**Exercise directions**
All of the data needs to be printed again, exactly as written.

**Extracted data**
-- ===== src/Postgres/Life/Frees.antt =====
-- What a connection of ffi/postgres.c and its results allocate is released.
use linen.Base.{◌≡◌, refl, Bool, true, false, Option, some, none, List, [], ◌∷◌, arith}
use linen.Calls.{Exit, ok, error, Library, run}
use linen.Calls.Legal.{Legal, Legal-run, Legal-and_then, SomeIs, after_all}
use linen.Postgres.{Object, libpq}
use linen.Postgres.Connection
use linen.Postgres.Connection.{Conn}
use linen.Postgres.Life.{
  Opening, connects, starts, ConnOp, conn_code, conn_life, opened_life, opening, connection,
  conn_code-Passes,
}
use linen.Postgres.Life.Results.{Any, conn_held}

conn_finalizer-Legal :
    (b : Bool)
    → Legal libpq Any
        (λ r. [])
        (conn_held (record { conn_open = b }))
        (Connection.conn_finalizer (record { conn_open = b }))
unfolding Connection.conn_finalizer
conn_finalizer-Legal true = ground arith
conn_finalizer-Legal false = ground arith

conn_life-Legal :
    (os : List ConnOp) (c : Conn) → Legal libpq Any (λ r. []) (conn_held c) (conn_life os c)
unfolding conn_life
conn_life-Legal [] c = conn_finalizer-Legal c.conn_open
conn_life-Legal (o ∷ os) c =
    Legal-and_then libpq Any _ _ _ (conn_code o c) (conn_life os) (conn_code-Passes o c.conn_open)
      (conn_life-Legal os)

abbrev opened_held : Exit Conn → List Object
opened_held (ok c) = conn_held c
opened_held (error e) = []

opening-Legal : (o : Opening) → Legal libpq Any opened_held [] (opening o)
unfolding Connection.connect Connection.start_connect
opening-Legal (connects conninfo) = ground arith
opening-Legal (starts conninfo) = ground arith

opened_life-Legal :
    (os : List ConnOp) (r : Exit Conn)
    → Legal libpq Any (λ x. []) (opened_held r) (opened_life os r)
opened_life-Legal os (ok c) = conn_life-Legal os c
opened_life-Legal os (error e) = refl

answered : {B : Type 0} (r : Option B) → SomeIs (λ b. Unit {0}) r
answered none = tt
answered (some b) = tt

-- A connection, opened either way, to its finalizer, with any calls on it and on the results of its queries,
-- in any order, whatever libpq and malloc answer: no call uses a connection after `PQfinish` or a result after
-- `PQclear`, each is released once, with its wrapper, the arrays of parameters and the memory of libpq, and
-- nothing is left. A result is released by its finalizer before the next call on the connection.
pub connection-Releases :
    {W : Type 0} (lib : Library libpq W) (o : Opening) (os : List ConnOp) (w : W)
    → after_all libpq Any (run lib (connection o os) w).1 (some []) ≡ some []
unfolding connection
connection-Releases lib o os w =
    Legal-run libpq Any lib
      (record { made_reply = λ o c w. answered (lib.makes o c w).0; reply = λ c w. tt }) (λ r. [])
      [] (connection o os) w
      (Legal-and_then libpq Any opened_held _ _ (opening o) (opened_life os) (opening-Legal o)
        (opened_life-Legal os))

**Reply to the exercise**
-- ===== src/Postgres/Life/Frees.antt =====
-- What a connection of ffi/postgres.c and its results allocate is released.
use linen.Base.{◌≡◌, refl, Bool, true, false, Option, some, none, List, [], ◌∷◌, arith}
use linen.Calls.{Exit, ok, error, Library, run}
use linen.Calls.Legal.{Legal, Legal-run, Legal-and_then, SomeIs, after_all}
use linen.Postgres.{Object, libpq}
use linen.Postgres.Connection
use linen.Postgres.Connection.{Conn}
use linen.Postgres.Life.{
  Opening, connects, starts, ConnOp, conn_code, conn_life, opened_life, opening, connection,
  conn_code-Passes,
}
use linen.Postgres.Life.Results.{Any, conn_held}

conn_finalizer-Legal :
    (b : Bool)
    → Legal libpq Any
        (λ r. [])
        (conn_held (record { conn_open = b }))
        (Connection.conn_finalizer (record { conn_open = b }))
unfolding Connection.conn_finalizer
conn_finalizer-Legal true = ground arith
conn_finalizer-Legal false = ground arith

conn_life-Legal :
    (os : List ConnOp) (c : Conn) → Legal libpq Any (λ r. []) (conn_held c) (conn_life os c)
unfolding conn_life
conn_life-Legal [] c = conn_finalizer-Legal c.conn_open
conn_life-Legal (o ∷ os) c =
    Legal-and_then libpq Any _ _ _ (conn_code o c) (conn_life os) (conn_code-Passes o c.conn_open)
      (conn_life-Legal os)

abbrev opened_held : Exit Conn → List Object
opened_held (ok c) = conn_held c
opened_held (error e) = []

opening-Legal : (o : Opening) → Legal libpq Any opened_held [] (opening o)
unfolding Connection.connect Connection.start_connect
opening-Legal (connects conninfo) = ground arith
opening-Legal (starts conninfo) = ground arith

opened_life-Legal :
    (os : List ConnOp) (r : Exit Conn)
    → Legal libpq Any (λ x. []) (opened_held r) (opened_life os r)
opened_life-Legal os (ok c) = conn_life-Legal os c
opened_life-Legal os (error e) = refl

answered : {B : Type 0} (r : Option B) → SomeIs (λ b. Unit {0}) r
answered none = tt
answered (some b) = tt

-- A connection, opened either way, to its finalizer, with any calls on it and on the results of its queries,
-- in any order, whatever libpq and malloc answer: no call uses a connection after `PQfinish` or a result after
-- `PQclear`, each is released once, with its wrapper, the arrays of parameters and the memory of libpq, and
-- nothing is left. A result is released by its finalizer before the next call on the connection.
pub connection-Releases :
    {W : Type 0} (lib : Library libpq W) (o : Opening) (os : List ConnOp) (w : W)
    → after_all libpq Any (run lib (connection o os) w).1 (some []) ≡ some []
unfolding connection
connection-Releases lib o os w =
    Legal-run libpq Any lib
      (record { made_reply = λ o c w. answered (lib.makes o c w).0; reply = λ c w. tt }) (λ r. [])
      [] (connection o os) w
      (Legal-and_then libpq Any opened_held _ _ (opening o) (opened_life os) (opening-Legal o)
        (opened_life-Legal os))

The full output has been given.